Task requirements
Search the records below for the string "refl" and copy each line where it turns up.

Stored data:
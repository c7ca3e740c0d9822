-- ===== src/UList/Add.antt =====
-- u_list.c: adding an entry to a list.
use fcron.Prelude.{
  ℕ, zero, suc, ◌+◌, ◌-◌, ◌≤◌, ◌<◌, ◌≡◌, ◌⊎◌, refl, ap, ◌∙◌, true, false, not, ◌&&◌, none, some,
  List, [], ◌∷◌, ◌++◌, length, set, take, replicate, leb, ltb, ◌==◌, if◌then◌else◌, arith,
  Bool-cases, inl, inr, length-set, length-append, length-replicate,
}
use native.Mathlib.Numerals.{add-one}
use fcron.UList.{UList, u_list_resize_array, put_last, u_list_add}

module _ {ℓ} {A : Type ℓ} where
  -- The array has its size, holds the entries, can grow, and is within the largest size.
  pub record IsValid (l : UList A) : Type ℓ where
    pub size : length l.entries_array ≡ l.array_size
    pub num_in : l.num_entries ≤ l.array_size
    pub grows : 1 ≤ l.grow_size
    pub max_in : (l.max_entries ≡ 0) ⊎ (l.array_size ≤ l.max_entries)

  -- The entries of a list.
  abbrev pub contents : UList A → List A
  contents l = take l.num_entries l.entries_array

  -- There is no largest size, or it is not reached.
  abbrev pub HasRoom : UList A → Type 0
  HasRoom l = (l.max_entries ≡ 0) ⊎ (l.num_entries < l.max_entries)

  pub take-set :
      (n : ℕ) (a : List A) (v : A) → n < length a → take (suc n) (set a n v) ≡ take n a ++ (v ∷ [])
  take-set n [] v h = absurd (omega arith)
  take-set zero (x ∷ xs) v h = refl
  take-set (suc n) (x ∷ xs) v h = ap (λ l. x ∷ l) (take-set n xs v (omega arith))

  pub take_prefix : (n : ℕ) (a b : List A) → n ≤ length a → take n (a ++ b) ≡ take n a
  take_prefix zero a b h = refl
  take_prefix (suc n) [] b h = absurd (omega arith)
  take_prefix (suc n) (x ∷ xs) b h = ap (λ l. x ∷ l) (take_prefix n xs b (omega arith))

  module _ (zero_entry : A) (l : UList A) (v : IsValid l) where
    put_last-contents :
        (e : A)
        → l.num_entries < l.array_size
        → contents (put_last zero_entry l e) ≡ contents l ++ (e ∷ [])
    unfolding put_last
    put_last-contents e h = rw add-one (take-set l.num_entries l.entries_array e (rw v.size h))

    put_last-IsValid : (e : A) → l.num_entries < l.array_size → IsValid (put_last zero_entry l e)
    unfolding put_last
    put_last-IsValid e h = record {
      size = length-set l.entries_array l.num_entries e ∙ v.size;
      num_in = omega arith;
      grows = v.grows;
      max_in = v.max_in;
    }

  module _ (zero_entry : A) (l : UList A) (v : IsValid l) where
    -- What growing does: the same entries in a larger array.
    record Grown (t : UList A) : Type ℓ where
      same : contents t ≡ contents l
      valid : IsValid t
      num_same : t.num_entries ≡ l.num_entries
      max_same : t.max_entries ≡ l.max_entries
      bigger : l.num_entries < t.array_size

    grown_array : ℕ → UList A
    grown_array size = record l {
      array_size = size;
      entries_array = l.entries_array ++ replicate (size - l.array_size) zero_entry;
    }

    grown_array-Grown :
        (size : ℕ)
        → l.array_size < size
        → (l.max_entries ≡ 0) ⊎ (size ≤ l.max_entries)
        → Grown (grown_array size)
    unfolding grown_array
    grown_array-Grown size h m = record {
      same = take_prefix l.num_entries l.entries_array _ (rw v.size v.num_in);
      valid = record {
        size = omega (
          arith,
          length-append l.entries_array (replicate (size - l.array_size) zero_entry),
          length-replicate (size - l.array_size) zero_entry,
          v.size,
        );
        num_in = omega (arith, v.num_in);
        grows = v.grows;
        max_in = m;
      };
      num_same = refl;
      max_same = refl;
      bigger = omega (arith, v.num_in);
    }

    -- The array grows unless it has its largest size.
    u_list_resize_array-Grown :
        (l.max_entries ≡ 0) ⊎ (l.array_size < l.max_entries)
        → (t : UList A) × (u_list_resize_array zero_entry l ≡ some t) × Grown t
    unfolding u_list_resize_array grown_array
    u_list_resize_array-Grown room =
        let bigger = l.array_size + l.grow_size in
        let size =
          if not (l.max_entries == 0) && ltb l.max_entries bigger then l.max_entries else bigger in
        let stays : (not (l.max_entries == 0) && leb l.max_entries l.array_size) ≡ false =
          ground arith in
        let up : (l.array_size < size) × ((l.max_entries ≡ 0) ⊎ (size ≤ l.max_entries)) =
          ground (arith, v.grows) in
        (grown_array size, rw (u_list_resize_array, stays), grown_array-Grown size up.0 up.1)

-- A list that is valid and has not reached its largest size takes an entry at its end, growing its
-- array if that is full, and stays valid with the
-- same largest size.
pub u_list_add-contents {ℓ} :
    {A : Type ℓ} (zero_entry : A) (l : UList A) (e : A)
    → IsValid l
    → HasRoom l
    → (t : UList A) × (u_list_add zero_entry l e ≡ some t)
      × (contents t ≡ contents l ++ (e ∷ []))
      × IsValid t
      × (t.max_entries ≡ l.max_entries)
unfolding u_list_add put_last
u_list_add-contents zero_entry l e v room = elim (Bool-cases (leb l.array_size l.num_entries)) [
  | inr fits ↦
      let h : l.num_entries < l.array_size = ground arith in
      (
        put_last zero_entry l e,
        rw (u_list_add, fits),
        put_last-contents zero_entry l v e h,
        put_last-IsValid zero_entry l v e h,
        refl,
      )
  | inl full ↦
      let (t, eq, g) = u_list_resize_array-Grown zero_entry l v (ground (arith, room, v.num_in)) in
      (
        put_last zero_entry t e,
        rw (u_list_add, full, eq),
        put_last-contents zero_entry t g.valid e (rw g.num_same g.bigger)
            ∙ ap (λ c. c ++ (e ∷ [])) g.same,
        put_last-IsValid zero_entry t g.valid e (rw g.num_same g.bigger),
        g.max_same,
      )
]

-- A valid list that has reached a largest size takes no entry.
pub u_list_add-full {ℓ} :
    {A : Type ℓ} (zero_entry : A) (l : UList A) (e : A)
    → IsValid l
    → 1 ≤ l.max_entries
    → l.num_entries ≡ l.max_entries
    → u_list_add zero_entry l e ≡ none
unfolding u_list_add u_list_resize_array
u_list_add-full zero_entry l e v m full =
    let f : leb l.array_size l.num_entries ≡ true = ground (arith, v.max_in, v.num_in) in
    let stays : (not (l.max_entries == 0) && leb l.max_entries l.array_size) ≡ true =
      ground (arith, v.max_in, v.num_in) in
    rw (u_list_add, f, u_list_resize_array, stays)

Exercise answer
  ℕ, zero, suc, ◌+◌, ◌-◌, ◌≤◌, ◌<◌, ◌≡◌, ◌⊎◌, refl, ap, ◌∙◌, true, false, not, ◌&&◌, none, some,
  take-set zero (x ∷ xs) v h = refl
  take_prefix zero a b h = refl
      num_same = refl;
      max_same = refl;
        refl,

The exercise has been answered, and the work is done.